When they rip siding and enter homes and sheds,its time they go,they can do ALOT of damage,,,ever see insulation after those fat hogs waller thru it?? And there droppings are DEADLY,,,have I mentioned that yet??


----------



## knittingmomma

He (my father) is exterminating them. It's illegal to relocate them. It's probably illegal to kill them and it is surely illegal to be out in the suburbs hunting them in the backyard.
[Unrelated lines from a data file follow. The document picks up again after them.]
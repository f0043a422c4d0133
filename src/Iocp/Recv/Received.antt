-- ===== src/Iocp/Recv/Received.antt =====
-- What a receive on Windows has received when it calls back, and after how many completions.
use jnet_lib.Base.{
  ℕ, ◌+◌, ◌-◌, ◌^◌, ◌≤◌, ◌<◌, ◌≡◌, ◌⊎◌, inl, inr, refl, sym, ap, subst, Bool, true, false, not,
  ◌&&◌, ◌||◌, [], ◌∷◌, ◌++◌, ◌∙◌, ltb, ◌==◌, arith, Bool-cases, if◌then◌else◌,
}
use jnet_lib.Errors.{ErrorCode, is_error, frame_error}
use jnet_lib.Errors.Code
use jnet_lib.Buffer.{append, remain}
use jnet_lib.Iocp.Send.{moved}
use jnet_lib.Iocp.Recv.{
  recv_len, Receiving, asyn_recv, or_eof, settle, on_complete, Steps, here, completes,
}

recv_len_le : (n : ℕ) → recv_len n ≤ n
recv_len_le n = ground arith

-- An error code that `or_eof` leaves without an error stands for a byte at least, or for an empty buffer.
or_eof_lem :
    (ec : ErrorCode) (n : ℕ) (t : Receiving)
    → is_error (or_eof ec n t) ≡ false
    → (0 < n) ⊎ (remain t.buffer ≡ 0)
unfolding or_eof
or_eof_lem ec n t e = elim (Bool-cases ((n == 0) && ltb 0 (remain t.buffer))) [
  | inr d ↦ not_both d
  | inl d ↦ elim (Bool-cases (is_error ec)) [
    | inl q ↦ absurd (
        let y : is_error (
              if not (is_error ec) && ((n == 0) && ltb 0 (remain t.buffer))
              then frame_error Code.eof
              else ec)
            ≡ true =
          rw q q in
        cc (y, e))
    | inr q ↦ absurd (
        let y : is_error (
              if not (is_error ec) && ((n == 0) && ltb 0 (remain t.buffer))
              then frame_error Code.eof
              else ec)
            ≡ true =
          rw q (rw d refl) in
        cc (y, e))
  ]
]
  where
    not_both : ((n == 0) && ltb 0 (remain t.buffer)) ≡ false → (0 < n) ⊎ (remain t.buffer ≡ 0)
    not_both d = ground (arith, d)

-- An error code that `or_eof` makes stands for no byte.
moved_lem : (ec : ErrorCode) (n : ℕ) (t : Receiving) → moved (or_eof ec n t) n ≡ moved ec n
unfolding or_eof
moved_lem ec n t = elim (Bool-cases (is_error ec)) [
  | inl e ↦ rw e (rw e refl)
  | inr e ↦ elim (Bool-cases ((n == 0) && ltb 0 (remain t.buffer))) [
    | inl d ↦ rw e (rw d (nothing d))
    | inr d ↦ rw e (rw d (rw e refl))
  ]
]
  where
    nothing : ((n == 0) && ltb 0 (remain t.buffer)) ≡ true → 0 ≡ n
    nothing d = ground (arith, d)

more_left : (b : Bool) (r : ℕ) → (not b && ltb 0 r) ≡ true → 0 < r
more_left b r d = ground (arith, d)

none_left : (b : Bool) (r : ℕ) → (not b && ltb 0 r) ≡ false → (b ≡ true) ⊎ (r ≡ 0)
none_left b r d = ground (arith, d)

some_or_all : (b : Bool) (r : ℕ) → (not b && ltb 0 r) ≡ false → (b || (r == 0)) ≡ true
some_or_all b r d = ground (arith, d)

module _ (ec : ErrorCode) (n : ℕ) (t : Receiving) where
  failed_lem :
      is_error ec ≡ true
      → settle ec n t
        ≡ record t { under_way = false; called = t.called ++ ((ec, t.buffer.len) ∷ []) }
  unfolding settle
  failed_lem e = rw e refl

  restarted_lem :
      is_error ec ≡ false
      → (not t.some && ltb 0 (remain (append t.buffer n))) ≡ true
      → settle ec n t
        ≡ record t { buffer = append t.buffer n; wsa = recv_len (remain (append t.buffer n)) }
  unfolding settle
  restarted_lem e d = rw e (rw d refl)

  received_lem :
      is_error ec ≡ false
      → (not t.some && ltb 0 (remain (append t.buffer n))) ≡ false
      → settle ec n t ≡ record t {
        buffer = append t.buffer n;
        under_way = false;
        called = t.called ++ ((ec, (append t.buffer n).len) ∷ []);
      }
  unfolding settle
  received_lem e d =
      let z : (t.some || (remain (append t.buffer n) == 0)) ≡ true =
        some_or_all t.some (remain (append t.buffer n)) d in
      rw e (rw d (rw z refl))

module _ (total : ℕ) where
  -- After `i` completions, which gave `b` bytes. The operation is under way, or it has called back, once.
  pub record IsReceiving (i b : ℕ) (t : Receiving) : Type 0 where
    pub came : t.buffer.len ≡ b
    pub size : t.buffer.size ≡ total
    pub within : b ≤ total
    pub at : t.buffer.raw_pos ≡ t.buffer.len
    pub once :
        ((t.under_way ≡ true) × (t.called ≡ []) × (i ≤ b) × (t.wsa ≤ total - b))
        ⊎ ((t.under_way ≡ false)
            × ((ec : ErrorCode) × (t.called ≡ (ec, b) ∷ [])
                × ((is_error ec ≡ true) ⊎ ((t.some ≡ true) ⊎ (b ≡ total))))
            × (i ≤ b + 1))

  module _ (small : total < 2 ^ 64) where
    settle-IsReceiving :
        (i b : ℕ) (ec : ErrorCode) (n : ℕ) (t : Receiving)
        → IsReceiving i b t
        → t.under_way ≡ true
        → t.called ≡ []
        → i ≤ b
        → n ≤ total - b
        → (is_error ec ≡ true) ⊎ ((0 < n) ⊎ (remain t.buffer ≡ 0))
        → IsReceiving (i + 1) (b + moved ec n) (settle ec n t)
    settle-IsReceiving i b ec n t v y c j w g = elim (Bool-cases (is_error ec)) [
      | inl e ↦
          let same : b + moved ec n ≡ b = rw e (omega arith) in
          subst (IsReceiving (i + 1) (b + moved ec n)) (sym (failed_lem ec n t e)) (record {
            came = v.came ∙ sym same;
            size = v.size;
            within = omega (arith, v.within, same);
            at = v.at;
            once = inr (
              refl,
              (
                ec,
                ap (λ l. l ++ ((ec, t.buffer.len) ∷ [])) c
                    ∙ ap (λ r. (ec, r) ∷ []) (v.came ∙ sym same),
                inl e,
              ),
              omega (arith, j, same),
            );
          })
      | inr e ↦
          let len' : (append t.buffer n).len ≡ t.buffer.len + n =
            omega (arith, v.within, v.came, w, small) in
          let more_bytes : b + moved ec n ≡ b + n = rw e refl in
          let came' : (append t.buffer n).len ≡ b + moved ec n =
            omega (arith, len', v.came, more_bytes) in
          let pos' : (append t.buffer n).raw_pos ≡ (append t.buffer n).len =
            omega (arith, v.at, v.within, v.came, w, small) in
          let left : remain (append t.buffer n) ≡ total - (append t.buffer n).len =
            omega (arith, v.size, v.within, v.came, w, small) in
          let within' : b + moved ec n ≤ total = omega (arith, v.within, w, small, more_bytes) in
          elim (Bool-cases (not t.some && ltb 0 (remain (append t.buffer n)))) [
            | inl d ↦
                let more : 0 < remain (append t.buffer n) =
                  more_left t.some (remain (append t.buffer n)) d in
                let came : 0 < n = elim g [
                  | inl x ↦ absurd (cc (x, e))
                  | inr (inl p) ↦ p
                  | inr (inr r) ↦ omega (arith, r, more, v.size, v.within, v.came, w, small)
                ] in
                subst (IsReceiving (i + 1) (b + moved ec n)) (sym (restarted_lem ec n t e d))
                  (record {
                    came = came';
                    size = v.size;
                    within = within';
                    at = pos';
                    once = inl (
                      y,
                      c,
                      omega (arith, j, more_bytes, came),
                      omega (arith, left, came', recv_len_le (remain (append t.buffer n))),
                    );
                  })
            | inr d ↦
                subst (IsReceiving (i + 1) (b + moved ec n)) (sym (received_lem ec n t e d))
                  (record {
                    came = came';
                    size = v.size;
                    within = within';
                    at = pos';
                    once = inr (
                      refl,
                      (
                        ec,
                        ap (λ l. l ++ ((ec, (append t.buffer n).len) ∷ [])) c
                            ∙ ap (λ r. (ec, r) ∷ []) came',
                        inr (elim (none_left t.some (remain (append t.buffer n)) d) [
                          | inl x ↦ inl x
                          | inr r ↦ inr (omega (arith, left, r, within', came'))
                        ]),
                      ),
                      omega (arith, j, more_bytes),
                    );
                  })
          ]
    ]

  -- On Windows, whatever its completions bring, a receive of fewer than 2^64 bytes is under
  -- way, or it has called back once: with an error, for asyn_recv_some, or with all the bytes.
  -- While it is under way the buffer has gone forward by the sum of the bytes that Winsock
  -- reported in completions without error, and the callback is told this sum, never more than
  -- the buffer holds. Each completion but the last brings a byte at least, so that there are
  -- at most as many completions as bytes, and one more.
  pub Steps-IsReceiving :
      (some : Bool) (i b : ℕ) (t : Receiving)
      → total < 2 ^ 64
      → Steps (asyn_recv total some) i b t
      → IsReceiving i b t
  unfolding on_complete
  Steps-IsReceiving some i b t small here = record {
    came = refl;
    size = refl;
    within = omega arith;
    at = refl;
    once = inl (refl, refl, omega arith, omega (arith, recv_len_le total));
  }
  Steps-IsReceiving some i b t small (completes {i = j} {b = a} {u = u} ec n h y w) =
      let v = Steps-IsReceiving some j a u small h in
      elim v.once [
        | inl (z, c, k, r) ↦
            (let w' : n ≤ total - a = omega (arith, w, r) in
              subst (λ m. IsReceiving (j + 1) (a + m) (settle (or_eof ec n u) n u))
                (moved_lem ec n u)
                (settle-IsReceiving small j a (or_eof ec n u) n u v y c k w'
                  (elim (Bool-cases (is_error (or_eof ec n u))) [
                    | inl e ↦ inl e
                    | inr e ↦ inr (or_eof_lem ec n u e)
                  ])))
        | inr (z, x, k) ↦ absurd (cc (y, z))
      ]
He's looking for more ideas - b/c he keeps killing them and is not seeing an end.


----------



## Leah Frances

I love nature and I go out of my way to preserve and protect it until it crosses certain lines. Spiders in the house - AOK! Spiders in the shower at the same time as me - going to get washed down the drain. Mosquitos are fine with me until they land on my skin. Rabbits cute and fuzzy until they eat all my vegetables. 

Sure, raccoon genocide seems wrong at a gut level. But, it is also inhumane to fight a long slow war of attrition that will inflict misery and terror on both sides.

Raccoons are smart. Unless ALL of the multiple cohorts are destroyed - they will continue to try and get back into your parents house.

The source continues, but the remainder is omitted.